# Word of the Day: Pogonophobia



## debodun (Apr 16, 2021)

Pogonophophobia (noun) - fear of beards.

One with pogonophobia should not attend a ZZ Top concert.


----------



## Pinky (Apr 16, 2021)

debodun said:


> Pogonophophobia (noun) - fear of beards.
> 
> One with pogonophobia should not attend a ZZ Top concert.
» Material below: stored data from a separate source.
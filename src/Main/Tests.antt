-- ===== src/Main/Tests.antt =====
-- A start on a small host.
use sui_ctf_infrastructure.Docker.Manager.{
  DockerManager, dns_or_none, new_manager, label, ping, image_exists, list_managed,
}
use sui_ctf_infrastructure.Proxy.App.{lifespan_start, lifespan_end}
use sui_ctf_infrastructure.Config.{dns_list}
use sui_ctf_infrastructure.Instances.Reconcile.{remove_orphans, reconcile_startup}
use sui_ctf_infrastructure.Text.{codes, text_discrete}
use sui_ctf_infrastructure.Python.Operators.{contains, index_value, int_of_value, iterate}
use sui_ctf_infrastructure.Python.Errors.{system_exit, Result, ok, raise}
use sui_ctf_infrastructure.Python.Values.{Value, str, obj, end, field, get, get_default, truthy}
use sui_ctf_infrastructure.Registry.{running, fetch, all_active}
use sui_ctf_infrastructure.Registry.Tests.{small_row, small_table, small_table-HasUniqueKeys}
use sui_ctf_infrastructure.Registry.Opening.{Disk, open_registry}
use sui_ctf_infrastructure.Challenge.Manifest.{challenge_of, load_challenge}
use sui_ctf_infrastructure.Main.Serving.{Run, ServeApp, main}
use sui_ctf_infrastructure.Main.Ready.{IsReconciled, main-ready}
use sui_ctf_infrastructure.Main.Ending.{Ends, main-Ends}
use sui_ctf_infrastructure.Instances.BootTests.{small_config}
use sui_ctf_infrastructure.NcServer.Server.{StartServer}
use sui_ctf_infrastructure.Reaper.Task.{new_reaper, start as start_reaper}
use sui_ctf_infrastructure.Base.{ℕ, ◌+◌, ◌≡◌, refl, true, some}
use sui_ctf_infrastructure.Instances.Tasks.{give_way, to_thread}
use sui_ctf_infrastructure.Docker.Tests.{small_host}
use sui_ctf_infrastructure.Main.Start.{wait_for_docker}

abbrev small_manifest : Value
small_manifest = obj (
    field (codes "name") (str (codes "flashpool")) (
      field (codes "flag") (str (codes "flag")) (
        field (codes "package_path") (str (codes "package"))
          (field (codes "solve") (obj end) end))))

abbrev small_disk : Disk ℕ
small_disk = record { makedirs = λ path w. (ok tt, w); connect = λ path w. (ok small_table, w) }

abbrev bind : StartServer ℕ
bind l w = (ok tt, w)

abbrev served : ServeApp ℕ
served app w = (ok tt, w)

-- The daemon tells its version.
abbrev from_env : ℕ → Result (Unit {0}) × ℕ
from_env w = (ok tt, w + 1000)

-- The manager of the settings.
abbrev small_manager : DockerManager
small_manager = record {
  image = small_config.instance_image;
  network = small_config.docker_network;
  mem_limit = small_config.instance_mem;
  nano_cpus = small_config.instance_nano_cpus;
  rpc_port = small_config.instance_rpc_port;
  dns = dns_or_none (some (dns_list small_config));
}

abbrev one_start : Run ℕ
one_start =
    main small_host bind served small_config from_env small_disk (λ p. true)
      (λ p. ok small_manifest) 0

table_read : (open_registry small_disk small_config.db_path 0).0 ≡ ok small_table
unfolding open_registry
table_read = refl

reaper_up : one_start.1.reaper ≡ some (start_reaper (new_reaper small_config small_manager))
unfolding main new_manager lifespan_start open_registry load_challenge challenge_of contains truthy
    index_value get get_default int_of_value iterate text_discrete wait_for_docker to_thread
    give_way ping image_exists reconcile_startup list_managed label remove_orphans all_active
    start_reaper new_reaper
reaper_up = refl

main-ready_example :
    IsReconciled small_host
      (λ reg w. refl)
      (codes "u1")
      (small_row (codes "u1") (codes "10.0.0.1") running)
      (record {
        reg = small_table;
        world = (from_env (open_registry small_disk small_config.db_path 0).1).1;
      })
      one_start.2.reg
unfolding fetch text_discrete
main-ready_example =
    main-ready small_host (λ reg w. refl) bind served small_config from_env small_disk (λ p. true)
      (λ p. ok small_manifest) 0 small_table (codes "u1")
      (small_row (codes "u1") (codes "10.0.0.1") running)
      (start_reaper (new_reaper small_config small_manager)) table_read small_table-HasUniqueKeys
      refl reaper_up

-- Uvicorn cannot bind the port of the proxy.
abbrev port_taken : ServeApp ℕ
port_taken app w = (raise system_exit "1", w)

abbrev stopped : Run ℕ
stopped =
    main small_host bind port_taken small_config from_env small_disk (λ p. true)
      (λ p. ok small_manifest) 0

stopped_reaper : stopped.1.reaper ≡ some (start_reaper (new_reaper small_config small_manager))
unfolding main new_manager lifespan_start lifespan_end open_registry load_challenge challenge_of
    contains truthy index_value get get_default int_of_value iterate text_discrete wait_for_docker
    to_thread give_way ping image_exists reconcile_startup list_managed label remove_orphans
    all_active start_reaper new_reaper
stopped_reaper = refl

main-Ends_example : Ends small_host bind port_taken small_config stopped
main-Ends_example =
    main-Ends small_host bind port_taken small_config from_env small_disk (λ p. true)
      (λ p. ok small_manifest) 0 (start_reaper (new_reaper small_config small_manager))
      stopped_reaper
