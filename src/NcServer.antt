-- ===== src/NcServer.antt =====
-- orchestrator/app/ncserver.py: the menu that players reach over TCP.
pub mod Connections
pub mod Session
pub mod Format
pub mod Clock
pub mod Menu
pub mod Server
pub mod Bounds
pub mod Taking
pub mod Rounds
pub mod Gate
pub mod Passing
pub mod Release
pub mod Writing
pub mod Effects
pub mod Tests
pub mod PassTests
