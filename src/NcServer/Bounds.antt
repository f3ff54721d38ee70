-- ===== src/NcServer/Bounds.antt =====
-- The caps on connections, over every interleaving of connections.
use sui_ctf_infrastructure.Base.{
  length, Member, pos, pos_part, ◌+ℤ◌, leb_ℤ, ◌≤◌, ◌≡◌, refl, sym, subst, false, ◌||◌, none, some,
  List, [], ◌∷◌, arith,
}
use sui_ctf_infrastructure.Text.{Text, before}
use sui_ctf_infrastructure.Counters.{
  lookup, get_or, count, close_one, count-close_one, length-close_one, Tracks, enter, enter-Tracks,
  leave-Tracks,
}
use sui_ctf_infrastructure.NcServer.Connections.{Caps, NcState, no_connections, accept, disconnect}

-- The counters with the addresses of the connections that are open.
pub record Open : Type 0 where
  pub nc : NcState
  pub peers : List Text

-- A connection is turned away, is taken, or ends; in any order.
pub data Step (caps : Caps) (s t : Open) : Type 0 where
  reject : (ip : Text) → accept caps ip s.nc ≡ none → t ≡ s → Step caps s t
  connect :
      (ip : Text) (n : NcState)
      → accept caps ip s.nc ≡ some n
      → t ≡ record { nc = n; peers = ip ∷ s.peers }
      → Step caps s t
  close :
      (ip : Text)
      → Member ip s.peers
      → t ≡ record { nc = disconnect ip s.nc; peers = close_one ip s.peers }
      → Step caps s t

pub data Steps (caps : Caps) : Open → Type 0 where
  listening : Steps caps (record { nc = no_connections; peers = [] })
  step : {s t : Open} → Steps caps s → Step caps s t → Steps caps t

-- The counters tell what is open, and both caps hold.
pub record IsCapped (caps : Caps) (s : Open) : Type 0 where
  pub total : s.nc.active ≡ pos (length s.peers)
  pub per : Tracks s.peers s.nc.per_ip
  pub below_total : length s.peers ≤ pos_part caps.max_conn
  pub below_per : (k : Text) → count k s.peers ≤ pos_part caps.max_conn_per_ip

-- What an accepted connection has met.
pub accept-some :
    (caps : Caps) (ip : Text) (n m : NcState)
    → accept caps ip n ≡ some m
    → ((leb_ℤ caps.max_conn n.active || leb_ℤ caps.max_conn_per_ip (get_or ip (pos 0) n.per_ip))
        ≡ false)
      × (m ≡ record { active = n.active +ℤ pos 1; per_ip = enter ip n.per_ip })
unfolding accept
accept-some caps ip n m e = ground arith

connect-IsCapped :
    (caps : Caps) (ip : Text) (s : Open)
    → (leb_ℤ caps.max_conn s.nc.active
        || leb_ℤ caps.max_conn_per_ip (get_or ip (pos 0) s.nc.per_ip))
      ≡ false
    → IsCapped caps s
    → IsCapped caps (record {
      nc = record { active = s.nc.active +ℤ pos 1; per_ip = enter ip s.nc.per_ip };
      peers = ip ∷ s.peers;
    })
unfolding ◌+ℤ◌
connect-IsCapped caps ip s room v = record {
  total = ground (arith, v.total);
  per = enter-Tracks ip s.peers s.nc.per_ip v.per;
  below_total = ground (arith, v.total);
  below_per = λ k. ground (arith, v.below_per k, v.per ip);
}

close-IsCapped :
    (caps : Caps) (ip : Text) (s : Open)
    → Member ip s.peers
    → IsCapped caps s
    → IsCapped caps (record { nc = disconnect ip s.nc; peers = close_one ip s.peers })
unfolding disconnect
close-IsCapped caps ip s m v = record {
  total = ground (arith, v.total, length-close_one ip s.peers m);
  per = leave-Tracks ip s.peers s.nc.per_ip m v.per;
  below_total = omega (arith, v.below_total, length-close_one ip s.peers m);
  below_per = λ k. ground (arith, v.below_per k, count-close_one k ip s.peers m);
}

Step-IsCapped : (caps : Caps) (s t : Open) → Step caps s t → IsCapped caps s → IsCapped caps t
Step-IsCapped caps s t (reject ip e same) v = subst (IsCapped caps) (sym same) v
Step-IsCapped caps s t (connect ip n e shape) v =
    let (room, entered) = accept-some caps ip s.nc n e in
    subst (IsCapped caps) (sym shape) (rw entered (connect-IsCapped caps ip s room v))
Step-IsCapped caps s t (close ip m shape) v =
    subst (IsCapped caps) (sym shape) (close-IsCapped caps ip s m v)

-- However connections come, are turned away and end, the counters tell how many are open in all and
-- from each address, with no entry for an address that has none, and no more are open than the caps
-- allow, in all and from each address.
pub Steps-IsCapped : (caps : Caps) (s : Open) → Steps caps s → IsCapped caps s
unfolding lookup
Steps-IsCapped caps s listening = record {
  total = refl;
  per = λ k. refl;
  below_total = omega arith;
  below_per = λ k. omega arith;
}
Steps-IsCapped caps t (step {s = s} before st) =
    Step-IsCapped caps s t st (Steps-IsCapped caps s before)
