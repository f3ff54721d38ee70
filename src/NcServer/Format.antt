-- ===== src/NcServer/Format.antt =====
-- The texts that the menu sends.
use sui_ctf_infrastructure.Python.Errors.{Result, ok, ◌>>=◌}
use sui_ctf_infrastructure.Python.Values.{Value, get, truthy}
use sui_ctf_infrastructure.Python.Show.{str_value}
use sui_ctf_infrastructure.Challenge.Manifest.{Challenge}
use sui_ctf_infrastructure.Instances.Values.{PlayerView}
use sui_ctf_infrastructure.Instances.Control.{name_or_none}
use sui_ctf_infrastructure.Base.{
  ltb, if◌then◌else◌, ℤ, pos, pos_part, ℕ, ◌/◌, ◌%◌, List, [], ◌∷◌, ◌++◌,
}
use sui_ctf_infrastructure.Text.{Text, codes}
use sui_ctf_infrastructure.Text.Numbers.{decimal}
use sui_ctf_infrastructure.Python.Operators.{iterate}

abbrev pub menu : Text
menu = codes "\n1 - spawn instance\n2 - kill instance\n3 - flag\n>> "

-- `f"{n:02d}"`
unfoldable pub two_digits : ℕ → Text
unfolding decimal
two_digits n = if ltb n 10 then b'0' ∷ decimal n else decimal n

-- `_fmt_secs`
unfoldable pub fmt_secs : ℤ → Text
unfolding two_digits
fmt_secs secs = let n = pos_part secs in two_digits (n / 60) ++ b':' ∷ two_digits (n % 60)

abbrev pub double_rule : Text
double_rule = codes "============================================================"

abbrev pub single_rule : Text
single_rule = codes "------------------------------------------------------------"

unfoldable pub banner : Challenge → Text
unfolding str_value
banner ch =
    codes "\n"
    ++ double_rule
    ++ codes "\n "
    ++ str_value ch.name
    ++ codes "\n "
    ++ str_value ch.description
    ++ codes "\n"
    ++ double_rule
    ++ codes "\n"

-- `"\n".join(lines)`
unfoldable pub join_lines : List Text → Text
join_lines [] = []
join_lines (l ∷ []) = l
join_lines (l ∷ m ∷ ls) = l ++ b'\n' ∷ join_lines (m ∷ ls)

-- A line for each object: its type and its id.
abbrev pub object_lines : List Value → Result (List Text)
object_lines [] = ok []
object_lines (o ∷ os) = do
  otype ← get o (codes "type")
  oid ← get o (codes "objectId")
  rest ← object_lines os
  ok ((codes "   - " ++ str_value otype ++ codes "  ->  " ++ str_value oid) ∷ rest)

abbrev pub objects_part : Value → Result (List Text)
objects_part objects =
    if truthy objects
    then (iterate objects >>= object_lines >>= λ ls. ok (codes " objects:" ∷ ls))
    else ok []

-- `_format_instance`
unfoldable pub format_instance : PlayerView → Result Text
unfolding join_lines fmt_secs str_value
format_instance r = do
  lines ← objects_part r.objects
  ok (
      join_lines (
        double_rule
        ∷ (codes " Instance ready!   (challenge: " ++ r.challenge ++ codes ")")
        ∷ double_rule
        ∷ (codes " uuid          : " ++ r.uuid)
        ∷ (codes " rpc_url       : " ++ name_or_none r.rpc_url)
        ∷ (codes " private_key   : " ++ name_or_none r.private_key)
        ∷ (codes " your address  : " ++ name_or_none r.player_address)
        ∷ (codes " package_id    : " ++ name_or_none r.package_id)
        ∷ (lines
            ++ (codes " expires in    : "
                ++ fmt_secs (pos r.seconds_remaining)
                ++ codes "  (auto-destroyed)")
              ∷ single_rule
              ∷ codes " Keep your uuid PRIVATE — anyone who has it (or your rpc_url, which"
              ∷ codes " contains it) can read/drain/claim/destroy your instance."
              ∷ codes " Option 3 + your uuid = the flag; option 2 = destroy early."
              ∷ double_rule
              ∷ []))
      ++ b'\n' ∷ [])
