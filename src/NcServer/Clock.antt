-- ===== src/NcServer/Clock.antt =====
-- The remaining time, as the player reads it.
use sui_ctf_infrastructure.Base.{
  ltb, Bool-cases, length, length-append, ℤ, pos, pos_part, ℕ, zero, suc, ◌+◌, ◌*◌, ◌/◌, ◌%◌, ◌≤◌,
  ◌<◌, ◌≡◌, refl, ◌⊎◌, inl, inr, some, [], ◌∷◌, ◌++◌, arith,
}
use sui_ctf_infrastructure.Text.{Text, split}
use sui_ctf_infrastructure.Text.Numbers.{int_of_text, decimal_rounds, decimal, text_of_int}
use sui_ctf_infrastructure.Text.Laws.{AllDigits, decimal-AllDigits}
use sui_ctf_infrastructure.Text.RoundTrip.{int_of_text-text_of_int, int_of_text-padded}
use sui_ctf_infrastructure.NcServer.Format.{two_digits, fmt_secs}

split-digits : (s : Text) → AllDigits s → split b':' s ≡ s ∷ []
unfolding split
split-digits [] h = refl
split-digits (c ∷ s) h = ground (arith, h.0, split-digits s h.1)

split-at : (m s : Text) → AllDigits m → AllDigits s → split b':' (m ++ b':' ∷ s) ≡ m ∷ s ∷ []
unfolding split
split-at [] s hm hs = ground (arith, split-digits s hs)
split-at (c ∷ m) s hm hs = ground (arith, hm.0, split-at m s hm.1 hs)

two_digits_cases :
    (n : ℕ)
    → ((n < 10) × (two_digits n ≡ b'0' ∷ decimal n)) ⊎ ((10 ≤ n) × (two_digits n ≡ decimal n))
unfolding two_digits
two_digits_cases n = elim (Bool-cases (ltb n 10)) [
  | inl small ↦ inl (ground (arith, small), rw small refl)
  | inr big ↦ inr (ground (arith, big), rw big refl)
]

two_digits-AllDigits : (n : ℕ) → AllDigits (two_digits n)
two_digits-AllDigits n = elim (two_digits_cases n) [
  | inl (_, e) ↦ rw e (refl, decimal-AllDigits n)
  | inr (_, e) ↦ rw e (decimal-AllDigits n)
]

two_digits-reads : (n : ℕ) → int_of_text (two_digits n) ≡ some (pos n)
unfolding decimal text_of_int
two_digits-reads n = elim (two_digits_cases n) [
  | inl (_, e) ↦ rw e (int_of_text-padded n)
  | inr (_, e) ↦ rw e (int_of_text-text_of_int (pos n))
]

decimal_rounds-one : (f n : ℕ) → n < 10 → length (decimal_rounds (suc f) n) ≡ 1
unfolding decimal_rounds
decimal_rounds-one f n h = ground arith

decimal_rounds-step :
    (f n : ℕ) → 10 ≤ n → length (decimal_rounds (suc f) n) ≡ length (decimal_rounds f (n / 10)) + 1
unfolding decimal_rounds
decimal_rounds-step f n h =
    ground (arith, length-append (decimal_rounds f (n / 10)) ((b'0' + n % 10) ∷ []))

length-decimal_rounds : (f n : ℕ) → 1 ≤ length (decimal_rounds (suc f) n)
unfolding decimal_rounds
length-decimal_rounds f n =
    ground (arith, length-append (decimal_rounds f (n / 10)) ((b'0' + n % 10) ∷ []))

-- Two characters below a hundred, and never fewer.
length-two_digits_below : (n : ℕ) → n < 100 → length (two_digits n) ≡ 2
unfolding decimal
length-two_digits_below zero h = unfold two_digits decimal_rounds in refl
length-two_digits_below (suc n) h = elim (two_digits_cases (suc n)) [
  | inl (small, e) ↦ rw e (omega (arith, decimal_rounds-one (suc n) (suc n) small))
  | inr (big, e) ↦ rw e (
      omega (
        arith,
        decimal_rounds-step (suc n) (suc n) big,
        decimal_rounds-one n (suc n / 10) (omega arith),
      ))
]

length-two_digits : (n : ℕ) → 2 ≤ length (two_digits n)
unfolding decimal
length-two_digits zero = unfold two_digits decimal_rounds in omega arith
length-two_digits (suc n) = elim (two_digits_cases (suc n)) [
  | inl (small, e) ↦ rw e (omega (arith, decimal_rounds-one (suc n) (suc n) small))
  | inr (big, e) ↦
      rw e (
        omega
          (arith, decimal_rounds-step (suc n) (suc n) big, length-decimal_rounds n (suc n / 10)))
]

-- Two rows of digits with a colon between them: minutes, of two digits or more, and seconds, of two
-- digits and below sixty, that make up the time; a negative time counts as none.
abbrev pub ReadsBack : ℤ → Text → Type 0
ReadsBack secs t =
    (m : Text) × (s : Text) × (minutes : ℕ) × (rest : ℕ) × (split b':' t ≡ m ∷ s ∷ [])
    × (int_of_text m ≡ some (pos minutes))
    × (int_of_text s ≡ some (pos rest))
    × (2 ≤ length m)
    × (length s ≡ 2)
    × (rest < 60)
    × (minutes * 60 + rest ≡ pos_part secs)

-- The remaining time is shown as two rows of digits with a colon between them: minutes, of two digits
-- or more, and seconds, of two digits and below sixty. Together they give the time back; a negative
-- time is shown as none.
pub fmt_secs-ReadsBack : (secs : ℤ) → ReadsBack secs (fmt_secs secs)
unfolding fmt_secs
fmt_secs-ReadsBack secs =
    let n = pos_part secs in
    (
      two_digits (n / 60),
      two_digits (n % 60),
      n / 60,
      n % 60,
      split-at (two_digits (n / 60)) (two_digits (n % 60)) (two_digits-AllDigits (n / 60))
          (two_digits-AllDigits (n % 60)),
      two_digits-reads (n / 60),
      two_digits-reads (n % 60),
      length-two_digits (n / 60),
      length-two_digits_below (n % 60) (omega arith),
      omega arith,
      omega arith,
    )
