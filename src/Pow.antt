-- ===== src/Pow.antt =====
-- orchestrator/app/pow.py: the proof-of-work gate. SHA-256 is a parameter; a digest is its bytes.
pub mod Bits
pub mod Accepts
pub mod Solver
pub mod Tests
use sui_ctf_infrastructure.Base.{
  ltb, ◌==◌, if◌then◌else◌, ℤ, pos, sub_ℕ, ltb_ℤ, leb_ℤ, ℕ, zero, suc, ◌+◌, ◌-◌, ◌*◌, ◌/◌, ◌%◌, ◌^◌,
  Bool, true, false, Option, none, some, List, [], ◌∷◌, ◌++◌,
}
use sui_ctf_infrastructure.Text.{Text, codes, strip}
use sui_ctf_infrastructure.Text.Numbers.{decimal, text_of_int}

-- `int.from_bytes(digest, "big")`, on the value of the bytes before
unfoldable pub bytes_from : ℕ → List ℕ → ℕ
bytes_from acc [] = acc
bytes_from acc (b ∷ bs) = bytes_from (acc * 256 + b) bs

abbrev pub from_bytes : List ℕ → ℕ
from_bytes bs = bytes_from 0 bs

-- `v.bit_length()`, by rounds of halving
unfoldable pub bit_rounds : ℕ → ℕ → ℕ
bit_rounds zero v = 0
bit_rounds (suc f) v = let rest = suc (bit_rounds f (v / 2)) in if v == 0 then 0 else rest

unfoldable pub bit_length : ℕ → ℕ
unfolding bit_rounds
bit_length v = bit_rounds v v

unfoldable pub leading_zero_bits : List ℕ → ℤ
leading_zero_bits digest =
    let v = from_bytes digest in if v == 0 then pos 256 else sub_ℕ 256 (bit_length v)

-- `text.encode()`: UTF-8
unfoldable pub encode : Text → List ℕ
encode [] = []
encode (c ∷ s) =
    let rest = encode s in
    if ltb c 0x80
    then c ∷ rest
    else if ltb c 0x800
    then (0xc0 + c / 64) ∷ (0x80 + c % 64) ∷ rest
    else if ltb c 0x10000
    then (0xe0 + c / 4096) ∷ (0x80 + c / 64 % 64) ∷ (0x80 + c % 64) ∷ rest
    else (0xf0 + c / 262144)
      ∷ (0x80 + c / 4096 % 64)
      ∷ (0x80 + c / 64 % 64)
      ∷ (0x80 + c % 64)
      ∷ rest

pub record PowChallenge : Type 0 where
  pub challenge : Text
  pub difficulty : ℤ

-- `token` is what `secrets.token_hex(12)` returns.
unfoldable pub new_challenge : Text → ℤ → PowChallenge
new_challenge token difficulty = record {
  challenge = token;
  difficulty = if ltb_ℤ (pos 0) difficulty then difficulty else pos 0;
}

module _ (sha256 : List ℕ → List ℕ) where
  unfoldable pub hash : Text → Text → List ℕ
  hash challenge nonce = sha256 (encode (challenge ++ nonce))

  -- What is left of the test once the nonce is stripped.
  unfoldable pub verify_stripped : PowChallenge → Text → Bool
  verify_stripped pc [] = false
  verify_stripped pc (c ∷ s) = leb_ℤ pc.difficulty (leading_zero_bits (hash pc.challenge (c ∷ s)))

  unfoldable pub verify : PowChallenge → Text → Bool
  unfolding verify_stripped
  verify pc nonce = if leb_ℤ pc.difficulty (pos 0) then true else verify_stripped pc (strip nonce)

  -- The test in the printed command: `int.from_bytes(sha256(c+str(n)),'big')>>(256-d)==0`.
  unfoldable pub solver_test : Text → ℕ → ℕ → Bool
  solver_test c d n = from_bytes (hash c (decimal n)) / 2 ^ (256 - d) == 0

  -- `next(n for n in itertools.count() if …)`, from `n` on, for so many candidates
  unfoldable pub solver_search : ℕ → Text → ℕ → ℕ → Option ℕ
  solver_search zero c d n = none
  solver_search (suc fuel) c d n =
      let rest = solver_search fuel c d (n + 1) in if solver_test c d n then some n else rest

-- The text of the printed command.
unfoldable pub solver_command : PowChallenge → Text
unfolding text_of_int
solver_command pc =
    codes "python3 -c \"import hashlib,itertools;c='"
    ++ pc.challenge
    ++ codes "';d="
    ++ text_of_int pc.difficulty
    ++ codes ";print(next(n for n in itertools.count() "
    ++ codes "if int.from_bytes(hashlib.sha256((c+str(n)).encode()).digest(),'big')"
    ++ codes ">>(256-d)==0))\""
... or have a photo taken with Santa Claus.


----------



## RubyK (Apr 16, 2021)

Pogonophobia would not be a fear to have if you are an Orthodox Jew. Most men in that religion have long beards.


----------



## Ruthanne (Apr 16, 2021)

I definitely don't have pogonophobia because I like beards but mostly on men


----------



## tbeltrans (Apr 16, 2021)

Here is a phobia list.  if there is anything to be fearful of, I suspect you can find it here...

http://phobialist.com/

Have fun...

Tony


----------



## Aunt Marg (Apr 16, 2021)

Those who suffer from pogonophobia need not visit the Rip Van Winkle bronze statue.


----------



## Aunt Marg (Apr 16, 2021)

debodun said:


> Pogonophophobia (noun) - fear of beards.
> 
> One with pogonophobia should not attend a ZZ Top concert.


Now, Deb, is your WOTD pertain to "Pogonophophobia", or does it pertain to "Pogonophobia"?

In your opening you have an extra few letters in the word.


----------



## tbeltrans (Apr 16, 2021)

Aunt Marg said:


> Those who suffer from pogonophobia need not visit the Rip Van Winkle bronze statue.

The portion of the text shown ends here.